I'll start with, I'm not an electrician. I have wired several different outlets and switches successfully though. Every one of these boxes seemingly have different wiring and this one has me perplexed.

I am replacing two switches in the same box. There are three black wires and three white. Previously, all three whites were 'capped' with tape. The hot wire and another black wire were connected to the left switch. They then had a - I'll say an 'independent' wire - attached to the hot which was then attached to the switch on the right. The switch on the left operates my porch light and right operates a light post in my yard.

I'm asking how I can get the right switch to operate without doing what they did with the extra wire.enter image description hereenter image description hereenter image description here

2 Answers 2


That extra wire was providing hot to the second switch. The preferred way to do this is to connect the hot wire to two short pieces of wire (“pigtails”) with a wirenut. Run these wires to the two switches.

Another way, which I would highly discourage, is to connect the hot to the screw terminal on one switch and the jumper into the backstab of that switch, using the internal metal of the switch to connect them. This is not recommended because many people have had problems with backstab terminal connections going bad.

By the way, I don’t like the unused neutrals being covered just with tape. You should use a wirenut on each. With a single wire, you don’t need to strip the end. Just screw it onto the insulation.


You don't. Wiring is not "designed neat" with all the right wires of all the right colors coming into the box.

If you had OCD that absolutely required that, then I suppose you could get a dual switch (2 switches on one yoke) that had a common side, then you could supply "always-hot" on the common side and each switched-hot to the 2 screws. And then you would get a coverplate for your switch on one side and blank on the other.

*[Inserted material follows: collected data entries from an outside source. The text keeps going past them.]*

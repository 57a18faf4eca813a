-- ===== src/WriteLog/Stale.antt =====
-- src/internal/write_log.rs: what a failed write leaves in the hash map.
-- `WriteLog::entry` puts a new cell into the hash map before the caller has validated the cell, and
-- `RwTxImpl::set_slow` returns an error without taking it out.
use swym.Shared.{ℕ, ◌+◌, ◌-◌, ◌≡◌, ◌≢◌, some, List, [], ◌∷◌, ◌++◌, arith, refl, ◌∙◌}
use swym.Bloom
use swym.Bloom.{lookup, overflowed, maybe_key}
use swym.Bloom.Laws.{lookup-insert, contained-overflowed}
use swym.WriteLog.Entries.{WriteEntry, elem_words, word_len, word_index}
use swym.WriteLog.Refine.{IsSynced, overflow-IsSynced}
use swym.WriteLog.Slow.{entry_vacant}
use swym.WriteLog.{
  WriteLog, overflow, find_skip_filter, find, vacant, occupied, entry, push, record_write,
}

word_index-append_last :
    (es : List WriteEntry) (e : WriteEntry) → word_index (es ++ e ∷ []) (word_len es) ≡ some e
unfolding word_index word_len
word_index-append_last [] e = refl
word_index-append_last (d ∷ es) e =
    let z : elem_words d + word_len es - elem_words d ≡ word_len es = omega arith in
    rw z (ground (arith, word_index-append_last es e))

overflow_full : (l : WriteLog) → l.bloom.filter ≡ overflowed → overflow l ≡ l
unfolding overflow Bloom.to_overflow
overflow_full l h = ground arith

-- After a write of `k` that found no entry and went no further, the hash map sends a lookup of `k`
-- to the end of the vector, where no entry begins.
pub entry_stale :
    (k : ℕ) (l l' : WriteLog)
    → IsSynced l
    → entry k l ≡ (vacant, l')
    → (l'.bloom.filter ≡ overflowed) × (Bloom.overflow_get k l'.bloom ≡ some (word_len l'.entries))
entry_stale k l l' s h =
    let (absent, same, filter, stored) = entry_vacant k l l' h in
    let (synced, full, _) = overflow-IsSynced l s in
    (
      filter ∙ full,
      rw (stored, same)
          (ground
            (arith, lookup-insert k k (word_len (overflow l).entries) (overflow l).bloom.overflow)),
    )

find_at :
    (k i : ℕ) (e : WriteEntry) (l : WriteLog)
    → l.bloom.filter ≡ overflowed
    → lookup k l.bloom.overflow ≡ some i
    → word_index l.entries i ≡ some e
    → (find k l).0 ≡ some e
unfolding find find_skip_filter
find_at k i e l full stored at =
    rw (contained-overflowed k l.bloom full) (rw (overflow_full l full, stored) at)

-- A failed write of `k` followed by the write of another cell `j`: a lookup of `k` finds the entry
-- of `j`.
pub find_confused :
    (k j : ℕ) (v : List ℕ) (grow : ℕ) (l l' l'' : WriteLog)
    → IsSynced l
    → k ≢ j
    → entry k l ≡ (vacant, l')
    → entry j l' ≡ (vacant, l'')
    → (find k (record_write j v grow l'')).0 ≡ some (record { dest = some j; pending = v })
unfolding record_write push
find_confused k j v grow l l' l'' s n h h' =
    let (full, stored) = entry_stale k l l' s h in
    let (absent, same, filter, stored') = entry_vacant j l' l'' h' in
    let whole = overflow_full l' full in
    find_at k (word_len l'.entries) (record { dest = some j; pending = v }) _
      (filter ∙ (rw whole full))
      (rw (stored', whole)
        (ground (arith, lookup-insert j k (word_len l'.entries) l'.bloom.overflow, stored)))
      (rw (same, whole) (word_index-append_last l'.entries (record { dest = some j; pending = v })))

-- A second write of a cell whose first write failed is told that the cell has an entry, at the end
-- of the vector, so it reports success and validates nothing.
pub entry_again :
    (k : ℕ) (l l' : WriteLog)
    → IsSynced l
    → entry k l ≡ (vacant, l')
    → entry k l' ≡ (occupied (word_len l'.entries), l')
unfolding entry
entry_again k l l' s h =
    let (full, stored) = entry_stale k l l' s h in rw (overflow_full l' full, stored)
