-- ===== src/Tests/Writing.antt =====
-- src/internal/write_log.rs.
use swym.Shared.{◌≡◌, some, [], ◌∷◌, refl, arith}
use swym.Bloom
use swym.Bloom.{overflowed}
use swym.Bloom.Bits.{test_bit}
use swym.WriteLog
use swym.WriteLog.Entries.{offsets, word_len, word_index}
use swym.WriteLog.Layout.{view}
use swym.WriteLog.{
  WriteLog, contained_set, record_write, find, find_skip_filter, entry, vacant, occupied, overwrite,
  tombstone_replace, overflow, clear,
}
use swym.WriteLog.Refine.{Finds, find-Finds, new-IsSynced}
use swym.WriteLog.Writes.{Writes, record_write-Writes}
use swym.WriteLog.Slow.{vacant-Writes, tombstone_replace-Writes}
use swym.WriteLog.Stale.{find_confused, entry_again}
use swym.Tests.Sample.{filtered, one_write, filters_16, one_write-IsSynced}

find-Finds_example : Finds 16 one_write (find 16 one_write)
find-Finds_example = find-Finds 16 one_write one_write-IsSynced

finds_7 : (find 16 one_write).0 ≡ some (record { dest = some 16; pending = 7 ∷ [] })
unfolding find find_skip_filter overflow Bloom.to_overflow Bloom.run_overflow Bloom.contained
    test_bit offsets Bloom.extend Bloom.insert Bloom.lookup word_index
finds_7 = refl

record_write-Writes_example : Writes 16 (7 ∷ []) WriteLog.new (record_write 16 (7 ∷ []) 8 filtered)
record_write-Writes_example =
    record_write-Writes 16 (7 ∷ []) 8 WriteLog.new filtered new-IsSynced filters_16

-- The log after the hash map has taken over.
abbrev overflowed_log : WriteLog
overflowed_log = record one_write {
  bloom = record { filter = overflowed; overflow = (16, 0) ∷ [] };
}

-- The same after a write of cell 32 was looked up.
abbrev stale_log : WriteLog
stale_log = record one_write {
  bloom = record { filter = overflowed; overflow = (16, 0) ∷ (32, 3) ∷ [] };
}

abbrev stale_log_2 : WriteLog
stale_log_2 = record one_write {
  bloom = record { filter = overflowed; overflow = (16, 0) ∷ (32, 3) ∷ (48, 3) ∷ [] };
}

has_16 : entry 16 one_write ≡ (occupied 0, overflowed_log)
unfolding entry overflow Bloom.to_overflow Bloom.run_overflow offsets Bloom.extend Bloom.insert
    Bloom.lookup
has_16 = refl

lacks_32 : entry 32 one_write ≡ (vacant, stale_log)
unfolding entry overflow Bloom.to_overflow Bloom.run_overflow offsets Bloom.extend Bloom.insert
    Bloom.lookup word_len
lacks_32 = refl

lacks_48 : entry 48 stale_log ≡ (vacant, stale_log_2)
unfolding entry overflow Bloom.to_overflow Bloom.run_overflow offsets Bloom.extend Bloom.insert
    Bloom.lookup word_len
lacks_48 = refl

vacant-Writes_example : Writes 32 (9 ∷ []) one_write (record_write 32 (9 ∷ []) 8 stale_log)
vacant-Writes_example = vacant-Writes 32 (9 ∷ []) 8 one_write stale_log one_write-IsSynced lacks_32

views_7 : view 16 one_write.entries ≡ some (7 ∷ [])
unfolding view
views_7 = refl

tombstone_replace-Writes_example :
    Writes 16 (9 ∷ []) one_write (tombstone_replace 0 16 (9 ∷ []) 8 overflowed_log)
tombstone_replace-Writes_example =
    tombstone_replace-Writes 16 0 (9 ∷ []) 8 one_write overflowed_log one_write-IsSynced has_16

find_confused_example :
    (find 32 (record_write 48 (9 ∷ []) 8 stale_log_2)).0
    ≡ some (record { dest = some 48; pending = 9 ∷ [] })
find_confused_example =
    find_confused 32 48 (9 ∷ []) 8 one_write stale_log stale_log_2 one_write-IsSynced (omega arith)
      lacks_32 lacks_48

entry_again_example : entry 32 stale_log ≡ (occupied 3, stale_log)
unfolding word_len
entry_again_example = entry_again 32 one_write stale_log one_write-IsSynced lacks_32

But still, the white wires would need to be put back together. They are not "spare" (nobody puts unnecessary wires in walls) or "capped" (they were tied together so they could do their job). The fact you don't know this, with seeing different boxes as different, objecting to the pigtail, and expecting colors and wire counts to cooperate -- says that you see the right things, just need the book knowledge to fill in the holes. For that, you need a well-rounded primer on the subject: and for that, I recommend an actual book. Go to the library and see what book feels most accessible to you, and devour one. Google cannot serve as a substitute because it only answers questions, and you need a primer to know which questions to ask.

Once you're in the know, different things will bug you. You will want to know why the last guy didn't pigtail the always-hots on the switches. You'll want colored tape for marking wires by actual function, instead of taking the default manufactured colors.

Anyway, get a foot of black wire (solid, if in doubt #12) and a sampler pack of wire nuts. Ideal brand is electricians' choice.

  • Put a 6" pigtail on one screw on each switch.
  • wire nut all the neutrals together. If it falls off without tape, tighten more and use new wirenuts.
  • wire nut the two pigtails with the black wire from supply.
  • Mark the blacks to the lamps with colored tape (optional) and land them on the remaining screws on the switches.

Use screws, not stabs. When loosening screws, when they get about 3/16" out, they will start to resist turning. Stop: they are captive screws. Forcing them out wrecks the switch in many cases.